[Data for this task — start]
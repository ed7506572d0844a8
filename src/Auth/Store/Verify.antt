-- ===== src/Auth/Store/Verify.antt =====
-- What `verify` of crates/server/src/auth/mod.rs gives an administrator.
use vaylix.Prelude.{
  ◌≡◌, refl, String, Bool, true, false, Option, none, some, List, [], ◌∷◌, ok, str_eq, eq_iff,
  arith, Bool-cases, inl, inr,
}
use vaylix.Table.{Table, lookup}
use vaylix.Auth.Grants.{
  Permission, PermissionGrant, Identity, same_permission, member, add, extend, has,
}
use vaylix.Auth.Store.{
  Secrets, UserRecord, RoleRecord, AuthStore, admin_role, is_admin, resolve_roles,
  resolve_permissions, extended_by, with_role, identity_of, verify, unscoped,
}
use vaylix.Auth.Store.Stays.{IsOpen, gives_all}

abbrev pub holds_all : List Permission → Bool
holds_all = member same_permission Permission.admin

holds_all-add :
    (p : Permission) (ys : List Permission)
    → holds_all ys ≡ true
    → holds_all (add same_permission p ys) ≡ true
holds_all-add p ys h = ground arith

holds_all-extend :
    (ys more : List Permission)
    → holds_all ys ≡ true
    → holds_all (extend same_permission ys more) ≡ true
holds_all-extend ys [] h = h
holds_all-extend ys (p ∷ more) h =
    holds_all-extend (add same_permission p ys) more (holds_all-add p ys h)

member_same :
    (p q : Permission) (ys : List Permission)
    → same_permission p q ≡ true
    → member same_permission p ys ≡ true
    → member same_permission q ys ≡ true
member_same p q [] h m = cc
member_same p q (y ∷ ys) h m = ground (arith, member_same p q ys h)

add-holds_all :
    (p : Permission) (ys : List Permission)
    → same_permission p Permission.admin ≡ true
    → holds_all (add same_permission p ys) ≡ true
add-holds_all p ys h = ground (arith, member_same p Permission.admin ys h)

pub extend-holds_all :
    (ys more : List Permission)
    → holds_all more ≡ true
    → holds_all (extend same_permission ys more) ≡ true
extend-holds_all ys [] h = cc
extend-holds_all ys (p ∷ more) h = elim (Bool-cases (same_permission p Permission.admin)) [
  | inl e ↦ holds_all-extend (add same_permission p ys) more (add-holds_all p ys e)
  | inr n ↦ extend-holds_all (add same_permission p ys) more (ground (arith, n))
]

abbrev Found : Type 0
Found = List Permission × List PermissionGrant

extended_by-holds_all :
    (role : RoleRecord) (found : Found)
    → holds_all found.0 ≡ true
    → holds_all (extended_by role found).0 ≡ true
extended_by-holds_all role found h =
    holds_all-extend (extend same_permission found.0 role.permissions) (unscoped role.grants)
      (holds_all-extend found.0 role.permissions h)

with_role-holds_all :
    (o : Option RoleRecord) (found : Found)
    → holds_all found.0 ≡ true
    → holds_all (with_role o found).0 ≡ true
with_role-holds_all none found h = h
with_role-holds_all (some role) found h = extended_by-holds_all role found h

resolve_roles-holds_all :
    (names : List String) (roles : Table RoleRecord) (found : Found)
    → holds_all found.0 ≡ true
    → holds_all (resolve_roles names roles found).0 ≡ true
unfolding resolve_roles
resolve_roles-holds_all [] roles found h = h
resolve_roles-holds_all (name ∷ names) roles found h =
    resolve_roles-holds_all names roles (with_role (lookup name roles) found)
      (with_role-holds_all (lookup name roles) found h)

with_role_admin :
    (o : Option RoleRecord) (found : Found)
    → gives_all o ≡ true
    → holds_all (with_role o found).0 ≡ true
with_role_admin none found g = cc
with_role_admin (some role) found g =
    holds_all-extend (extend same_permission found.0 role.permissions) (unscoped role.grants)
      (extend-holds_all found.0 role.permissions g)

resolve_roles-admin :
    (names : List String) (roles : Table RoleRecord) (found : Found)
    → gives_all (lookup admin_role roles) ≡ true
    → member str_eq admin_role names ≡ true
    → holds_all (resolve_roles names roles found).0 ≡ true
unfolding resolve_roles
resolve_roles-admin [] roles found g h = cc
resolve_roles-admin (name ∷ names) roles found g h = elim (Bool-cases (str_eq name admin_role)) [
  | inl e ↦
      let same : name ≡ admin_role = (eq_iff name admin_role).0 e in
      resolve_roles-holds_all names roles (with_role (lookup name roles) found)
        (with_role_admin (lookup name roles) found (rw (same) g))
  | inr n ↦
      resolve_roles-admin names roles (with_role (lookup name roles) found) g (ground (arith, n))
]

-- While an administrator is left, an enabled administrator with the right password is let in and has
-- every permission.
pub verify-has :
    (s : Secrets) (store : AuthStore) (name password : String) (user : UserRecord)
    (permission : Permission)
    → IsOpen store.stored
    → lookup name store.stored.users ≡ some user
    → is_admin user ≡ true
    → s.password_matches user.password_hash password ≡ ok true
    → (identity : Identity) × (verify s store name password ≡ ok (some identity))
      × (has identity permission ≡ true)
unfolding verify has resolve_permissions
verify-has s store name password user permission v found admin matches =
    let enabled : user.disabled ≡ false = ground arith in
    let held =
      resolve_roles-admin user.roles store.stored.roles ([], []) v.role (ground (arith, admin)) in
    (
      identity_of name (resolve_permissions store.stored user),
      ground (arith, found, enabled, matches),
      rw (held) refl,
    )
[Data for this task — finish]
[Data for this task — start]
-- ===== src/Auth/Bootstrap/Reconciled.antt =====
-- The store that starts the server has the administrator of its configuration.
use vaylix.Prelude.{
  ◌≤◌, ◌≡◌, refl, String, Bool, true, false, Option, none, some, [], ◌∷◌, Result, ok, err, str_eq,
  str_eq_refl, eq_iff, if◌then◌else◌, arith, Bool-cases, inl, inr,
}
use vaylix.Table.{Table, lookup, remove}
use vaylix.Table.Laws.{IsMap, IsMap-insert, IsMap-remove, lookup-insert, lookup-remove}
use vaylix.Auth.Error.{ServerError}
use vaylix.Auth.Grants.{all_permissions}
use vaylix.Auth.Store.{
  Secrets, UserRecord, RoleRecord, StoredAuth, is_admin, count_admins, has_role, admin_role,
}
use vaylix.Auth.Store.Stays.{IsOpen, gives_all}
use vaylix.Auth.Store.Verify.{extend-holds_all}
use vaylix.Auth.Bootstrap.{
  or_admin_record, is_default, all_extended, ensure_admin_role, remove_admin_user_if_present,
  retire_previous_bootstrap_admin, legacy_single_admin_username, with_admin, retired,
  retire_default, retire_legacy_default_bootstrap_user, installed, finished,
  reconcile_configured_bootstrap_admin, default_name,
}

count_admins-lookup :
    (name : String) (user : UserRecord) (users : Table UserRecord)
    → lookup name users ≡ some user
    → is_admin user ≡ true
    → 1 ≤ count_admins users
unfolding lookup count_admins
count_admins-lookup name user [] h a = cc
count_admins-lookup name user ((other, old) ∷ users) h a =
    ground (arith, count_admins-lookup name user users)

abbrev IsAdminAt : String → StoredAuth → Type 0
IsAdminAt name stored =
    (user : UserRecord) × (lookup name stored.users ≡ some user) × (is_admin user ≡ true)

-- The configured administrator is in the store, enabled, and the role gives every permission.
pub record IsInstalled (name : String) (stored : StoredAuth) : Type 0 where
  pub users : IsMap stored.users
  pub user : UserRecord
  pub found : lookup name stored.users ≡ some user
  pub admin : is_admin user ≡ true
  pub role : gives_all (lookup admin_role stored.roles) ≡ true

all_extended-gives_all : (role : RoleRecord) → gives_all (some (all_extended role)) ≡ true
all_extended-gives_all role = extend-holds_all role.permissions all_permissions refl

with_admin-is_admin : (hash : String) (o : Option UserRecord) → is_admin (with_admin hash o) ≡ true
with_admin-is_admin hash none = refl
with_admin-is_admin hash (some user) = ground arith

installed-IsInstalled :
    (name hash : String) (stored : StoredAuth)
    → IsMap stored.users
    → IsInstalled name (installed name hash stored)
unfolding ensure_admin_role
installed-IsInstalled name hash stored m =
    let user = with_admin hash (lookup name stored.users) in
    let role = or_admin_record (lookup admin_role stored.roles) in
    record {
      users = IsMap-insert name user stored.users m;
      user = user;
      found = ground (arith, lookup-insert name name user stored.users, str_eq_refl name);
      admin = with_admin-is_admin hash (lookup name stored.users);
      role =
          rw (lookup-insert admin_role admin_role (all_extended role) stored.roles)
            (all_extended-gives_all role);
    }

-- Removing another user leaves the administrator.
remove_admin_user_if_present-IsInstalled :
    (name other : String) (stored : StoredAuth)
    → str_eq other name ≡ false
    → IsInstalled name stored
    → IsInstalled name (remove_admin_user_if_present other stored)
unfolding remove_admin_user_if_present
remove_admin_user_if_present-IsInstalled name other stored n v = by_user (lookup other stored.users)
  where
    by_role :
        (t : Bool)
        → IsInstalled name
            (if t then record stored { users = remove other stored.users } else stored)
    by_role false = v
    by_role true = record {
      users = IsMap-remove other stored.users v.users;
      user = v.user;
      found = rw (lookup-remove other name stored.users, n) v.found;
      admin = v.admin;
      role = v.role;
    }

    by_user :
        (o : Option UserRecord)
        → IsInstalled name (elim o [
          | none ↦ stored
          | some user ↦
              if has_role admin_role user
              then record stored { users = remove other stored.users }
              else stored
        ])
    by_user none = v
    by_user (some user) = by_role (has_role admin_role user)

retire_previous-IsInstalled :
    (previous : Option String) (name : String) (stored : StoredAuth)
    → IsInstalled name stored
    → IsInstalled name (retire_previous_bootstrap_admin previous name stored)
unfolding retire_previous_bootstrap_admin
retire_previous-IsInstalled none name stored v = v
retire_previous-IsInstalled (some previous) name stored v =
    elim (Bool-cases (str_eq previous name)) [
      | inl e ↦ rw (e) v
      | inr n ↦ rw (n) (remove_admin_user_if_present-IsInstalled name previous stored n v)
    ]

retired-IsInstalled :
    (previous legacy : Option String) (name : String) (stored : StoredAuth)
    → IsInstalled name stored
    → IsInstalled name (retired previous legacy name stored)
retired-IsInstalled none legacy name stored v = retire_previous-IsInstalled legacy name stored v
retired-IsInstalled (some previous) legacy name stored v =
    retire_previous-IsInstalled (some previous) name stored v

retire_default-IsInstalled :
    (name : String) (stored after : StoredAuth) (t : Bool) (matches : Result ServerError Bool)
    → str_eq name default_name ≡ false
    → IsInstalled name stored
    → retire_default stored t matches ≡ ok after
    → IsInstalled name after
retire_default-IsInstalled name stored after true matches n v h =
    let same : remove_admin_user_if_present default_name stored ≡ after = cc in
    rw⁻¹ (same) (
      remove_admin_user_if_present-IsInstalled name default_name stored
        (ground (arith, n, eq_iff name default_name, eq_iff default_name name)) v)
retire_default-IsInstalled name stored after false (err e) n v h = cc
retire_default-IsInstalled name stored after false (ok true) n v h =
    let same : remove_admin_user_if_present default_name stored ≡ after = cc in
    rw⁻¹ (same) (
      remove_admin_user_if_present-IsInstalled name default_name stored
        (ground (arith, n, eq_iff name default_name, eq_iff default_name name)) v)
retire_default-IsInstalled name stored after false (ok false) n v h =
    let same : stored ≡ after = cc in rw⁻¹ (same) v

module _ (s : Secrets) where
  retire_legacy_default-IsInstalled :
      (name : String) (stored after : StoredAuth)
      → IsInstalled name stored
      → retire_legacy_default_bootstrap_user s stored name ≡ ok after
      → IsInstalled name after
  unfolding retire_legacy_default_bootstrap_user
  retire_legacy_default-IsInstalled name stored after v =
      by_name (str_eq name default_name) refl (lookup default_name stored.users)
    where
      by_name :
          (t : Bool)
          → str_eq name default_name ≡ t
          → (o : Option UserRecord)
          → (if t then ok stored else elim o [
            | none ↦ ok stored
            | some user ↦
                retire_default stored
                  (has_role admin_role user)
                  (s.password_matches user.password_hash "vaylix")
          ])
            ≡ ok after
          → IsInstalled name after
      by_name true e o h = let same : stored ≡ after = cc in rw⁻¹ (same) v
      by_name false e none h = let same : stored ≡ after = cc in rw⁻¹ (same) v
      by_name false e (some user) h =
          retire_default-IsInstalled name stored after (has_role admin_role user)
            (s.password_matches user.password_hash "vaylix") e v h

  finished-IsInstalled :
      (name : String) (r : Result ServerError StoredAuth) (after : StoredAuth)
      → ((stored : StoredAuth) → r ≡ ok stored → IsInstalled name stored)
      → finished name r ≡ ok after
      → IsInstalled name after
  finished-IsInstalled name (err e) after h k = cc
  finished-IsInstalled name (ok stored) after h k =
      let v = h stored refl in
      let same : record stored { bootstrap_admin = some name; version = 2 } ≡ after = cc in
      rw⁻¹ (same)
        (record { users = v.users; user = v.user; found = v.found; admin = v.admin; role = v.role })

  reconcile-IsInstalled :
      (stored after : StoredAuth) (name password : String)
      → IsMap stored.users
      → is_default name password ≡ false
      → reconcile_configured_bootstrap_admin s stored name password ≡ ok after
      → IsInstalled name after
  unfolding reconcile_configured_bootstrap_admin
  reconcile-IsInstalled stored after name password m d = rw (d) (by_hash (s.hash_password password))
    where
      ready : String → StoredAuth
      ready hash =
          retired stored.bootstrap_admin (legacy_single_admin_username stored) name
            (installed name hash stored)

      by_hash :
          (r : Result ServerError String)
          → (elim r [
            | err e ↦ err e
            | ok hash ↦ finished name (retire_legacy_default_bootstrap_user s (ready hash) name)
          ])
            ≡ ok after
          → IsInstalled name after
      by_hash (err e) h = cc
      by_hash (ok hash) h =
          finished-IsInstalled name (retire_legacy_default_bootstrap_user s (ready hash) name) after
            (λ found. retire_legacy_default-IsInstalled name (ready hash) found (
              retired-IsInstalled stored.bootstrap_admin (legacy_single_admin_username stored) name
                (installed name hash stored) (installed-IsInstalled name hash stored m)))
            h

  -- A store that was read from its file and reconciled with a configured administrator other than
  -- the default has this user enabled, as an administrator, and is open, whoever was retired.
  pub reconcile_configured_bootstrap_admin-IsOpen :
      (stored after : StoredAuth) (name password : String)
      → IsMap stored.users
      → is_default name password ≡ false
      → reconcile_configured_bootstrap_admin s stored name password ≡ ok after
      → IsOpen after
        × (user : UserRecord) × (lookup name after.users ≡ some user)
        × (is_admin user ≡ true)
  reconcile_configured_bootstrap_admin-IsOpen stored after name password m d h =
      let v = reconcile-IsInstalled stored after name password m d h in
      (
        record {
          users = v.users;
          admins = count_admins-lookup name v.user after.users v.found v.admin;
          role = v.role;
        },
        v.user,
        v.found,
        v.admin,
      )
[Data for this task — finish]
[Data for this task — start]
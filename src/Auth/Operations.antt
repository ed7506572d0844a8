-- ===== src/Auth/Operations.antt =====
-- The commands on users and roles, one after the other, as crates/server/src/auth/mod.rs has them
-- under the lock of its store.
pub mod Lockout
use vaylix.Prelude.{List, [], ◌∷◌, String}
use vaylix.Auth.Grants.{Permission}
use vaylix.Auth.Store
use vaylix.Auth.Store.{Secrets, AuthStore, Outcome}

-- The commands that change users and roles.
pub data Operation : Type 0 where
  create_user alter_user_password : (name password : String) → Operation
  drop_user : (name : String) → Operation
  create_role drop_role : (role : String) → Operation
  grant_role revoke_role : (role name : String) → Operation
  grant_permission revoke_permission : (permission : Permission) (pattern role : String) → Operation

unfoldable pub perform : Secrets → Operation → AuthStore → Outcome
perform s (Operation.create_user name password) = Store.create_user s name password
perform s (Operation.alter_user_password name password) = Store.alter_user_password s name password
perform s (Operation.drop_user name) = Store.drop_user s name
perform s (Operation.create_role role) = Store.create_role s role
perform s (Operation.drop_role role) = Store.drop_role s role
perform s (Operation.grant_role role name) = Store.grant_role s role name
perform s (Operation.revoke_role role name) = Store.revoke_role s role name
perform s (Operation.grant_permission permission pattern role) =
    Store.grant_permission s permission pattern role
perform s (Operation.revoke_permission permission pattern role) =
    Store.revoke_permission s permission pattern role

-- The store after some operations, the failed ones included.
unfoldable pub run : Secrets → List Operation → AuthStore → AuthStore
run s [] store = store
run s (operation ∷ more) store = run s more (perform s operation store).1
[Data for this task — finish]
_Exercise objective_
Repeat exactly the lines of the listing above, from the one with "(extend-holds_all found.0 role.permissions" down to the one with "let same : name"; both of those lines belong in the range.

_Finished task_
      (extend-holds_all found.0 role.permissions g)

resolve_roles-admin :
    (names : List String) (roles : Table RoleRecord) (found : Found)
    → gives_all (lookup admin_role roles) ≡ true
    → member str_eq admin_role names ≡ true
    → holds_all (resolve_roles names roles found).0 ≡ true
unfolding resolve_roles
resolve_roles-admin [] roles found g h = cc
resolve_roles-admin (name ∷ names) roles found g h = elim (Bool-cases (str_eq name admin_role)) [
  | inl e ↦
      let same : name ≡ admin_role = (eq_iff name admin_role).0 e in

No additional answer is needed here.